May 18, 2026·12 min read

How to calculate IP velocity in SQL

Sharpen SQL for your next interview

500+ SQL problems with worked solutions — joins, window functions, CTEs.

Contents:

What IP velocity actually catches
Windows and metrics worth tracking
The SQL formula
Rolling up by ASN and region
Spotting distributed botnets
Common pitfalls
Optimization tips
Related reading
FAQ

What IP velocity actually catches

A single IP firing dozens of signups in an hour is almost always abuse. It is the cheapest, oldest attack against promo codes, refer-a-friend bonuses, and free trials, and it is still the first thing fraud teams at Stripe, DoorDash, and Uber check when a coupon campaign goes sideways at 2am. IP velocity, in plain terms, is just the count of actions originating from the same network address over a sliding window. The reason it shows up in every fraud analyst interview is that the SQL is short, the trade-offs are real, and the candidate has to defend their thresholds.
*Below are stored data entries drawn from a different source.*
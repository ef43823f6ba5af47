-- ===== src/Kernel/Irq/Deferred.antt =====
-- linux_interrupt_handler and kthread_wrapper of linux_kernel/src/osal_irq.c: an interrupt is masked
-- and left to a thread, which os_release_interrupt ends. Each step of the thread and of
-- os_release_interrupt reads or writes one shared thing; the interrupt handler is a single step.
pub mod Masked
use osal.Base.{
  ℕ, ◌+◌, ◌≤◌, ◌≡◌, refl, Bool, true, false, Option, none, some, arith, to_nat, ◌||◌, ◌⊎◌,
  Bool-cases, if◌then◌else◌,
}

-- Where the thread stands in its loop.
pub data Pc : Type 0 where
  top : Pc  -- before the test of kthread_should_stop
  staying : Pc  -- before prepare_to_wait
  prepared : Pc  -- before the test of `pending`
  asleep : Pc  -- in `schedule`
  awake : Pc  -- before the second test of `pending`
  running : Pc  -- before the handler
  handled : Pc  -- before `pending` is reset
  unmasking : Pc  -- before enable_device_irq
  finished : Pc  -- the thread has ended

-- Where os_release_interrupt stands.
pub data Release : Type 0 where
  unreleased : Release  -- before free_irq
  irq_freed : Release  -- before `pending` is reset
  cleared : Release  -- before kthread_stop
  stopping : Release  -- in kthread_stop, which waits for the thread's end
  released : Release  -- the structure is freed

-- The shared state, with the numbers of interrupts that fired and of calls of the handler.
pub record State : Type 0 where
  pub pc : Pc
  pub release : Release
  pub pending : Bool
  pub masked : Bool
  pub runnable : Bool
  pub fired : ℕ
  pub calls : ℕ

-- The line's masking and unmasking, each under the spin lock of the line's descriptor.
abbrev pub check_and_disable_device_irq : State → State
check_and_disable_device_irq s = record s { masked = true }

abbrev pub enable_device_irq : State → State
enable_device_irq s = record s { masked = false }

-- Mask the line, set `pending`, wake the thread.
unfoldable pub linux_interrupt_handler : State → State
linux_interrupt_handler s = record (check_and_disable_device_irq s) {
  pending = true;
  runnable = true;
  fired = s.fired + 1;
}

abbrev pub kthread_should_stop : Release → Bool
kthread_should_stop stopping = true
kthread_should_stop released = true
kthread_should_stop r = false

-- One step of the thread; none while it sleeps and when it has ended.
unfoldable pub turn : Pc → State → Option State
turn top s =
    if kthread_should_stop s.release
    then some (record s { pc = finished })
    else some (record s { pc = staying })
turn staying s = some (record s { pc = prepared; runnable = false })
turn prepared s =
    if s.pending then some (record s { pc = awake }) else some (record s { pc = asleep })
turn asleep s = if s.runnable then some (record s { pc = awake }) else none
turn awake s =
    if s.pending
    then some (record s { pc = running; runnable = true })
    else some (record s { pc = top; runnable = true })
turn running s = some (record s { pc = handled; calls = s.calls + 1 })
turn handled s = some (record s { pc = unmasking; pending = false })
turn unmasking s = some (record (enable_device_irq s) { pc = top })
turn finished s = none

unfoldable pub kthread_wrapper : State → Option State
unfolding turn
kthread_wrapper s = turn s.pc s

abbrev pub has_finished : Pc → Bool
has_finished finished = true
has_finished pc = false

-- One step of os_release_interrupt; none while kthread_stop waits and at the end. kthread_stop wakes the
-- thread.
unfoldable pub release_turn : Release → State → Option State
release_turn unreleased s = some (record s { release = irq_freed })
release_turn irq_freed s = some (record s { release = cleared; pending = false })
release_turn cleared s = some (record s { release = stopping; runnable = true })
release_turn stopping s = if has_finished s.pc then some (record s { release = released }) else none
release_turn released s = none

unfoldable pub os_release_interrupt : State → Option State
unfolding release_turn
os_release_interrupt s = release_turn s.release s

-- An interrupt comes only while its handler is registered.
pub data Step (s : State) : State → Type 0 where
  interrupt : s.release ≡ unreleased → s.masked ≡ false → Step s (linux_interrupt_handler s)
  thread : {t : State} → kthread_wrapper s ≡ some t → Step s t
  releasing : {t : State} → os_release_interrupt s ≡ some t → Step s t

abbrev pub start : State
start = record {
  pc = top;
  release = unreleased;
  pending = false;
  masked = false;
  runnable = true;
  fired = 0;
  calls = 0;
}

pub data Reach : State → Type 0 where
  here : Reach start
  next : {s t : State} → Reach s → Step s t → Reach t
The scenario you usually get is something like this: "We launched a $20 first-order credit last night and burned through the budget in four hours. Find the IPs responsible by Monday morning." The wrong answer is to dump every IP with more than one signup. The right answer is a sliding window on a few different durations, joined against ASN metadata, with a clear story about what to do for residential addresses behind carrier NAT versus a known datacenter range. If the interviewer is from a payments company, expect a follow-up about unique cards per IP rather than raw signups.
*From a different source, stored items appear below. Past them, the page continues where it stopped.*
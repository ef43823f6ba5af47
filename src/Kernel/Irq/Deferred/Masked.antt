-- ===== src/Kernel/Irq/Deferred/Masked.antt =====
-- What holds of the deferred handler and its thread in every reachable state.
use osal.Base.{
  ℕ, ◌+◌, ◌≤◌, ◌≡◌, refl, Bool, true, false, none, some, arith, to_nat, ◌||◌, ◌⊎◌, Bool-cases,
}
use osal.Kernel.Irq.Deferred.{
  Pc, top, asleep, running, handled, unmasking, finished, Release, unreleased, irq_freed, State,
  linux_interrupt_handler, kthread_should_stop, turn, kthread_wrapper, has_finished, release_turn,
  os_release_interrupt, interrupt, thread, releasing, Reach, here, next,
}

-- An interrupt that has fired and for which the handler is still to be called.
abbrev pub owed : Pc → Bool → ℕ
owed handled pending = 0
owed pc pending = to_nat pending

abbrev pub in_handler : Pc → Bool
in_handler running = true
in_handler handled = true
in_handler pc = false

-- The release has not reset `pending` yet.
abbrev pub is_in_use : Release → Bool
is_in_use unreleased = true
is_in_use irq_freed = true
is_in_use r = false

abbrev pub is_running : Pc → Bool
is_running running = true
is_running pc = false

abbrev pub is_unmasking : Pc → Bool
is_unmasking unmasking = true
is_unmasking pc = false

abbrev pub is_asleep : Pc → Bool
is_asleep asleep = true
is_asleep pc = false

pub record Inv (s : State) : Type 0 where
  pub masks : is_in_use s.release ≡ true → s.masked ≡ s.pending || is_unmasking s.pc
  pub busy : is_in_use s.release ≡ true → in_handler s.pc ≡ true → s.pending ≡ true
  pub reset : is_unmasking s.pc ≡ true → s.pending ≡ false
  pub woken : is_asleep s.pc ≡ true → s.pending ≡ true → s.runnable ≡ true
  pub quiet : is_in_use s.release ≡ false → s.pending ≡ false
  pub ended : has_finished s.pc ≡ true → kthread_should_stop s.release ≡ true
  pub count : is_in_use s.release ≡ true → s.fired ≡ s.calls + owed s.pc s.pending
  pub called : s.calls + to_nat (is_running s.pc) ≤ s.fired
  pub behind : s.fired ≤ s.calls + 1

interrupt-Inv :
    (s : State)
    → s.release ≡ unreleased
    → s.masked ≡ false
    → Inv s
    → Inv (linux_interrupt_handler s)
unfolding linux_interrupt_handler
interrupt-Inv s r m v = ground arith

turn-Inv : (pc : Pc) (s t : State) → s.pc ≡ pc → turn pc s ≡ some t → Inv s → Inv t
unfolding turn
turn-Inv top s t e h v = ground arith
turn-Inv _ s t e h v = ground arith

release_turn-Inv :
    (r : Release) (s t : State) → s.release ≡ r → release_turn r s ≡ some t → Inv s → Inv t
unfolding release_turn
release_turn-Inv unreleased s t e h v = ground arith
release_turn-Inv _ s t e h v = ground arith

pub Reach-Inv : {s : State} → Reach s → Inv s
Reach-Inv here = ground arith
Reach-Inv (next {s} r (interrupt u m)) = interrupt-Inv s u m (Reach-Inv r)
Reach-Inv (next {s} r (thread {t} h)) =
    turn-Inv s.pc s t refl (unfold kthread_wrapper in h) (Reach-Inv r)
Reach-Inv (next {s} r (releasing {t} h)) =
    release_turn-Inv s.release s t refl (unfold os_release_interrupt in h) (Reach-Inv r)

-- In every reachable state the handler has not been called without an interrupt, and at most one
-- interrupt that fired has not had its call of the handler; until os_release_interrupt resets
-- `pending`, there is such a one exactly when `pending` is set and the handler has not been called for
-- it.
pub Reach-count :
    {s : State}
    → Reach s
    → ((s.fired ≡ s.calls + owed s.pc s.pending) ⊎ (is_in_use s.release ≡ false))
      × (s.calls ≤ s.fired)
      × (s.fired ≤ s.calls + 1)
Reach-count {s} r = ground (arith, Reach-Inv r, Bool-cases (is_in_use s.release))

-- Until os_release_interrupt resets `pending`, the line is masked in every reachable state from the
-- interrupt until the handler is done with it: while an interrupt is pending, and while the handler
-- runs.
pub Reach-masked :
    {s : State}
    → Reach s
    → is_in_use s.release ≡ true
    → s.pending || in_handler s.pc ≡ true
    → s.masked ≡ true
Reach-masked {s} r u h = ground (arith, Reach-Inv r)

turn_blocked :
    (pc : Pc) (s : State)
    → turn pc s ≡ none
    → ((pc ≡ asleep) × (s.runnable ≡ false)) ⊎ (pc ≡ finished)
unfolding turn
turn_blocked top s h = ground arith
turn_blocked _ s h = ground arith

-- No wake-up by an interrupt is lost: in a reachable state where the thread sleeps on, until
-- os_release_interrupt resets `pending`, nothing is pending, the handler has been called for every
-- interrupt that fired, and the line is not masked.
pub Reach-blocked :
    {s : State}
    → Reach s
    → kthread_wrapper s ≡ none
    → is_in_use s.release ≡ true
    → (s.pending ≡ false) × (s.fired ≡ s.calls) × (s.masked ≡ false)
unfolding kthread_wrapper
Reach-blocked {s} r h u = ground (arith, Reach-Inv r, turn_blocked s.pc s)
The reason this lives next to user velocity but is not the same metric is that user velocity tracks an authenticated identity doing too much, while IP velocity tracks a network address doing too much across many identities. The two complement each other. An attacker who rotates accounts but stays on one home IP shows up on velocity per IP. An attacker who rotates IPs but reuses one stolen card shows up on velocity per payment instrument. A real fraud stack runs both, and the interview answer that includes that nuance lands better than one that does not.

Windows and metrics worth tracking

The interesting denominators are signups per IP per hour, transactions per IP per minute, unique cards per IP per day, and failed login attempts per IP per hour for credential stuffing. Each one has a different attacker in mind. Signups per hour catches coupon farming. Transactions per minute catches card testing, where a bad actor checks a list of stolen card numbers against a low-friction merchant. Unique cards per IP catches the same card-testing attack from the other side. Failed logins per IP catches credential stuffing.

The reason you want more than one window is that attackers calibrate. A scripted signup tool that knows there is a per-minute cap will pace itself just under the limit, which means a one-minute window misses it while a one-hour window catches the cumulative burst. Picking three windows, usually one minute, one hour, and twenty-four hours, gives you coverage against both burst and slow-drip patterns without much extra cost.

The SQL formula

The classic shape is a single aggregate per IP with several FILTER clauses, one per window. The HAVING clause at the bottom is where you encode the alert threshold. The example assumes a signups table with ip, user_id, and created_at columns and runs on Postgres or any warehouse with FILTER syntax, including Snowflake and Databricks.

SELECT
    ip,
    COUNT(*) FILTER (WHERE created_at >= NOW() - INTERVAL '1 minute')  AS last_1_min,
    COUNT(*) FILTER (WHERE created_at >= NOW() - INTERVAL '1 hour')    AS last_1_hour,
    COUNT(*) FILTER (WHERE created_at >= NOW() - INTERVAL '24 hours')  AS last_24h,
    COUNT(DISTINCT user_id) FILTER (
        WHERE created_at >= NOW() - INTERVAL '24 hours'
    ) AS unique_users_24h
FROM signups
WHERE created_at >= NOW() - INTERVAL '24 hours'
GROUP BY ip
HAVING COUNT(*) FILTER (
    WHERE created_at >= NOW() - INTERVAL '1 hour'
) > 10
ORDER BY last_1_hour DESC;

Ten signups in an hour from one address is the red-flag threshold most consumer apps converge on, but it is a starting point, not a constant. The right number depends on what fraction of your normal traffic comes through corporate or carrier NAT and how expensive a false positive is. For a B2B product where each signup is a sales-qualified lead, anything above five per hour is worth a review. For a free-tier consumer game where signups are essentially free, twenty per hour might be a more realistic line.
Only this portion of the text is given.